The Promise and Peril of Using Value-Added Modeling to Measure Teacher Effectiveness
Value-added modeling offers the possibility of estimating the effects of teachers and schools on student performance, a potentially important contribution in the current environment of concern for accountability in education. These techniques, however, are susceptible to a number of sources of bias, depending on decisions about how the modeling is executed and on the quality of the data on which models are based. If teachers are to be held accountable for the performance of their students, strategies for measuring the impact of their work must be refined or, at least, the uncertainties of these measurements must be taken into account in assessing the impact of teachers and schools on student performance.
Value-added modeling (VAM), a collection of statistical techniques that uses multiple years of student test score data to estimate the effects of individual schools or teachers, has recently garnered a great deal of attention among both policymakers and researchers. For example, several states — including Tennessee, Pennsylvania and Ohio — are providing at least some of their schools and school districts with feedback about their performance based on VAM, and, in some statehouses, the idea of using VAM results to evaluate and reward administrators and teachers has been discussed.

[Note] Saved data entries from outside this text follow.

-- ===== src/Engine/Auction/Bucketing.antt =====
-- The loop over the orders fills the buckets with the exact quantity at each candidate.
use fair_cross.Prelude.{
  ℕ, ◌+◌, ◌<◌, ◌≡◌, refl, ◌∙◌, ap, Bool, true, not, ◌&&◌, ◌==◌, if◌then◌else◌, List, [], ◌∷◌, map,
  contains, replicate, length, sum_by_mono, All, All-of, arith, inl, inr, Bool-cases,
}
use fair_cross.Domain.Error.{ok}
use fair_cross.Domain.Words.{Price, u64_mod}
use fair_cross.Domain.Order.{Order, is_buy}
use fair_cross.Domain.Qty.{checked_add_fits}
use fair_cross.Engine.Auction.{Buckets, bucket_order, bucket_orders}
use fair_cross.Engine.Auction.Totals.{weight, total, buying, not_buying, Fits}
use fair_cross.Engine.Auction.Candidates.{
  IsAscending, found_at-lower_bound, get_or-lower_bound, set-lower_bound,
}

abbrev pub buys_at : Price → Order → Bool
buys_at c o = is_buy o.side && o.price == c

abbrev pub sells_at : Price → Order → Bool
sells_at c o = not (is_buy o.side) && o.price == c

abbrev pub filled : List Price → (Price → ℕ) → (Price → ℕ) → Buckets
filled cs f g = record { buys = map f cs; sells = map g cs }

-- The buckets have room for the quantities that are still to come.
abbrev Room : (Price → ℕ) → (Price → ℕ) → List Order → Type 0
Room f g os =
    (c : Price) → (f c + total (buys_at c) os < u64_mod) × (g c + total (sells_at c) os < u64_mod)

abbrev bump : (Price → ℕ) → (Price → Order → Bool) → Order → Price → ℕ
bump f t o c = f c + weight (t c) o

map-congr : (f g : Price → ℕ) (cs : List Price) → ((c : Price) → f c ≡ g c) → map f cs ≡ map g cs
map-congr f g [] h = refl
map-congr f g (c ∷ cs) h = cc (h c, map-congr f g cs h)

-- One order raises its own bucket.
bucket_order_lem :
    (cs : List Price) (o : Order) (f g : Price → ℕ) (os : List Order)
    → IsAscending cs
    → contains o.price cs ≡ true
    → Room f g (o ∷ os)
    → bucket_order cs o (filled cs f g) ≡ ok (filled cs (bump f buys_at o) (bump g sells_at o))
unfolding bucket_order
bucket_order_lem cs o f g os a c room = elim (Bool-cases (is_buy o.side)) [
  | inl side ↦ ground (
    arith,
    found_at-lower_bound o.price cs a c,
    get_or-lower_bound o.price f cs a c,
    set-lower_bound o.price f o.qty cs a c,
    room o.price,
    checked_add_fits (f o.price) o.qty,
    map-congr (λ c. if c == o.price then f c + o.qty else f c) (bump f buys_at o) cs
        (λ c. ground arith),
    map-congr g (bump g sells_at o) cs (λ c. ground arith),
  )
  | inr side ↦ ground (
    arith,
    found_at-lower_bound o.price cs a c,
    get_or-lower_bound o.price g cs a c,
    set-lower_bound o.price g o.qty cs a c,
    room o.price,
    checked_add_fits (g o.price) o.qty,
    map-congr (λ c. if c == o.price then g c + o.qty else g c) (bump g sells_at o) cs
        (λ c. ground arith),
    map-congr f (bump f buys_at o) cs (λ c. ground arith),
  )
]

bucket_orders_from :
    (cs : List Price) (os : List Order) (f g : Price → ℕ)
    → IsAscending cs
    → All (λ o. contains o.price cs ≡ true) os
    → Room f g os
    → bucket_orders cs os (filled cs f g)
      ≡ ok (filled cs (λ c. f c + total (buys_at c) os) (λ c. g c + total (sells_at c) os))
unfolding bucket_orders
bucket_orders_from cs [] f g a cover room = cc (
  map-congr f (λ c. f c + 0) cs (λ c. omega arith),
  map-congr g (λ c. g c + 0) cs (λ c. omega arith),
)
bucket_orders_from cs (o ∷ os) f g a cover room = rw (bucket_order_lem cs o f g os a cover.0 room) (
    bucket_orders_from cs os (bump f buys_at o) (bump g sells_at o) a cover.1
      (λ c. (omega (arith, (room c).0), omega (arith, (room c).1)))
    ∙ cc (
      map-congr (λ c. bump f buys_at o c + total (buys_at c) os)
          (λ c. f c + total (buys_at c) (o ∷ os)) cs (λ c. omega arith),
      map-congr (λ c. bump g sells_at o c + total (sells_at c) os)
          (λ c. g c + total (sells_at c) (o ∷ os)) cs (λ c. omega arith),
    ))

replicate-map : (cs : List Price) → replicate {A = ℕ} (length cs) 0 ≡ map (λ c. 0) cs
replicate-map [] = refl
replicate-map (c ∷ cs) = ap {B = List ℕ} (◌∷◌ 0) (replicate-map cs)

-- From empty buckets the loop reaches the exact quantities at the candidates.
pub bucket_orders_exact :
    (cs : List Price) (os : List Order)
    → IsAscending cs
    → All (λ o. contains o.price cs ≡ true) os
    → Fits os
    → bucket_orders cs os
        (record { buys = replicate (length cs) 0; sells = replicate (length cs) 0 })
      ≡ ok (filled cs (λ c. total (buys_at c) os) (λ c. total (sells_at c) os))
bucket_orders_exact cs os a cover fits = rw (replicate-map cs) (
    bucket_orders_from cs os (λ c. 0) (λ c. 0) a cover
      (λ c. (
        omega (
          arith,
          sum_by_mono (weight (buys_at c)) (weight buying) os (All-of (λ o. ground arith) os),
          fits.0,
        ),
        omega (
          arith,
          sum_by_mono (weight (sells_at c)) (weight not_buying) os (All-of (λ o. ground arith) os),
          fits.1,
        ),
      ))
    ∙ cc (
      map-congr (λ c. 0 + total (buys_at c) os) (λ c. total (buys_at c) os) cs (λ c. omega arith),
      map-congr (λ c. 0 + total (sells_at c) os) (λ c. total (sells_at c) os) cs (λ c. omega arith),
    ))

This interest on the part of policymakers reflects the promise of VAM, but many technical issues must be considered in the execution and application of VAM to ensure that policy decisions are based on sound information. Although there have been reviews of particular approaches, no previous reviews carefully compared recent VAM efforts or systematically discussed the wide variety of issues they raise. To address this problem, RAND researchers, funded by the Carnegie Corporation of New York, undertook a systematic review and evaluation of leading approaches to VAM. The goals of this investigation were to
- delineate the technical issues raised by the use of VAM for measuring teacher performance
- evaluate the practical impact of decisions regarding modeling techniques, variations in the quality of the data used in modeling processes, choices of outcome measures, and techniques for sampling student performance
- identify gaps in the literature that could benefit from further research
- inform the debate among both researchers and policymakers about the potential of VAM.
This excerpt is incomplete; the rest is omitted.